Mine incorporated a heatilator but was plenty large enough to install a pellet insert into it. None the less I opted to place the stove outside the fireplace ( free standing P61A) instead just for the ease of it all and actually more heat as well.. But mine is brick floored, it's quite old and of thicker metal than todays, so the floor is brick and the metal is from the floor up and over .. Most installers suggest yanking all that out. FWIW I could not have run 4" pipe up past the damper but the damper was long since removed because I ran a coal stove up the same chimney for years. The correct install for this situation I think you will find requires a 0 clearance shell put in place of the existing metal. You will just have to spec it out or have it speced out for you.. In my case there was no fear of fire, the fireplace is large enough and all brick construction outside the metal shell with brick built chambers for the heatilator . The nearest wood is two ft or more away in any direction. I still put a stove on the hearth pad !


----------



## skibumm100 (Dec 5, 2014)

I did an insert in my prefab. My fireplace was a Preway with a heatilator. A couple of things you need to look out for:

-The insert needs to be approved by the manufacturer for ZC fireplace installation. Some are, some aren't.
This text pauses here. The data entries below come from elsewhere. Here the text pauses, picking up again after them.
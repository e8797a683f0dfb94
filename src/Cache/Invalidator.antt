-- ===== src/Cache/Invalidator.antt =====
-- services/cache_invalidator.py: the keys and patterns of the cache, and who deletes them. The fuel
-- is that of the SCAN loop.
pub mod Laws
use quant_api_gateway.Prelude.{
  ℕ, zero, suc, ◌+◌, ◌-◌, ◌*◌, ◌/◌, ◌%◌, ◌^◌, ◌≤◌, ◌<◌, String, ◌<>◌, ◌≡◌, refl, sym, ap, ◌∙◌,
  fun_ext, ◌≢◌, ◌↔◌, ◌⊎◌, inl, inr, Bool, true, false, not, ◌&&◌, ◌||◌, Option, none, some, List,
  [], ◌∷◌, ◌++◌, map, arith, str_eq, eq_iff, eq_refl, ltb, leb, ◌==◌, if◌then◌else◌, ltb→lt, lt→ltb,
  leb→le, Bool-cases, Option-cases, is_none, one_of, length, Result, ok, err,
}
use quant_api_gateway.Effects.{M, pure, catch, Exception}
use quant_api_gateway.Cache.{Redis, invalidate_key}
use quant_api_gateway.Cache.Pattern.{Pass, invalidate_pattern}

abbrev pub overall_performance_key : String
overall_performance_key = "overall_performance"

abbrev pub strategy_performance_key : String → String
strategy_performance_key strategy_id = "strategy:" <> strategy_id <> ":performance"

abbrev pub gateway_cache_pattern : String
gateway_cache_pattern = "gateway:*"

abbrev pub strategy_report_pattern : String → String
strategy_report_pattern strategy_id = "gateway:strategy:" <> strategy_id <> ":report:*"

abbrev pub strategy_trades_pattern : String → String
strategy_trades_pattern strategy_id = "gateway:strategy:" <> strategy_id <> ":trades:*"

abbrev pub strategy_benchmark_pattern : String → String
strategy_benchmark_pattern strategy_id = "gateway:strategy:" <> strategy_id <> ":benchmark:*"

-- `try: … except Exception: logger.exception(…)`.
abbrev best_effort : {W : Type 0} → M W (Unit {0}) → M W (Unit {0})
best_effort m = catch m (λ e. some (pure tt))

module _ (R : Redis) where
  pub invalidate_overall_cache : M R.State (Unit {0})
  invalidate_overall_cache = best_effort (invalidate_key R overall_performance_key)

  pub invalidate_strategy_cache : String → M R.State (Unit {0})
  invalidate_strategy_cache strategy_id =
      best_effort (invalidate_key R (strategy_performance_key strategy_id))

  -- The state after a pass whose exceptions are logged and dropped.
  abbrev pub settled : Option (Result Exception ℕ × R.State) → Option R.State
  settled none = none
  settled (some (_, s)) = some s

  invalidate_strategy_report_keys : ℕ → String → R.State → Option R.State
  invalidate_strategy_report_keys fuel strategy_id s =
      settled (invalidate_pattern R (strategy_report_pattern strategy_id) fuel s)

  invalidate_strategy_trade_keys : ℕ → String → R.State → Option R.State
  invalidate_strategy_trade_keys fuel strategy_id s =
      settled (invalidate_pattern R (strategy_trades_pattern strategy_id) fuel s)

  invalidate_strategy_benchmark_keys : ℕ → String → R.State → Option R.State
  invalidate_strategy_benchmark_keys fuel strategy_id s =
      settled (invalidate_pattern R (strategy_benchmark_pattern strategy_id) fuel s)

  abbrev and_then : Option R.State → (R.State → Option R.State) → Option R.State
  and_then none k = none
  and_then (some s) k = k s

  pub invalidate_strategy_report_bundle : ℕ → String → R.State → Option R.State
  unfolding invalidate_strategy_report_keys invalidate_strategy_trade_keys
      invalidate_strategy_benchmark_keys
  invalidate_strategy_report_bundle fuel strategy_id s =
      and_then (invalidate_strategy_report_keys fuel strategy_id s) (λ t.
        and_then (invalidate_strategy_trade_keys fuel strategy_id t)
          (invalidate_strategy_benchmark_keys fuel strategy_id))

  pub flush_all : ℕ → R.State → Pass R gateway_cache_pattern
  flush_all fuel s = invalidate_pattern R gateway_cache_pattern fuel s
-The local authority (inspector) has to be OK with it. Where I live, they don't usually get involved in this. Make sure you homeowners insurance company is OK with it.

-It has to be installed per the pellet insert manufacturer's instructions.

There are some parts of the ZC fireplace that can be removed like the damper and the doors and some other parts. There is usually documentation that tells you what is allowed to be removed. Those parts are supposed to be stored inside the ZC box with the insert so a future fool could remove the insert and convert it back to an inefficient fire hazard. I chose not to keep that crap in there.If someone wants to change it back, they can start from scratch.

I would not use my prefab fireplace the last couple years it was installed. It didn't smell right (pyrolysis) and make me nervous.....and I'm not the nervous type.

Do your homework and good luck.


----------



## Ellandee (Dec 5, 2014)

I just put in a Lodi AGP insert in our ZC in our manufactured home.  It's amazing, but we're only at the start of the learning curve.

I had the dealer put it in.  Yes, it cost me several hundred dollars, and I'm not afraid of tools by any means.  I just wanted to hedge my bets against anything going wrong.  They do two or three of these a week, and it was very simple for them.  No cuts on my knuckles, either!

They came out first (for free, and we live in BFE) to check all was OK, that there was room, and that the outside air kit would work.


----------



## lagger (Dec 5, 2014)

I also had a Lopi AGP installed in my zero clearance prefab FP, they tore out the guts of the FP, fgake brick etc, ran the 4" pipe to the top and replaced the cap with the proper one


----------



## zrtmatos (Dec 5, 2014)

Lagger, any cool pics of this install you can share?


----------



## lagger (Dec 5, 2014)

posted some in a conversation here https://www.hearth.com/talk/conversations/agp-in-zcf.12412/

not sure if it will allow you access.. if not post a repy as such and I'll paste them in this thread

the pics look small.. but.. right click|open in new tab|use the maginfying glass thingie for full size


----------



## xSpecBx (Dec 5, 2014)

I have a classic bay 1200i installed in a prefab. Like previously stated, read the installation manuals. it is possible but you need to make sure you meet tje stove requirements before you go buy a stove. I know for mine the fireplace needed to be UL listed.


----------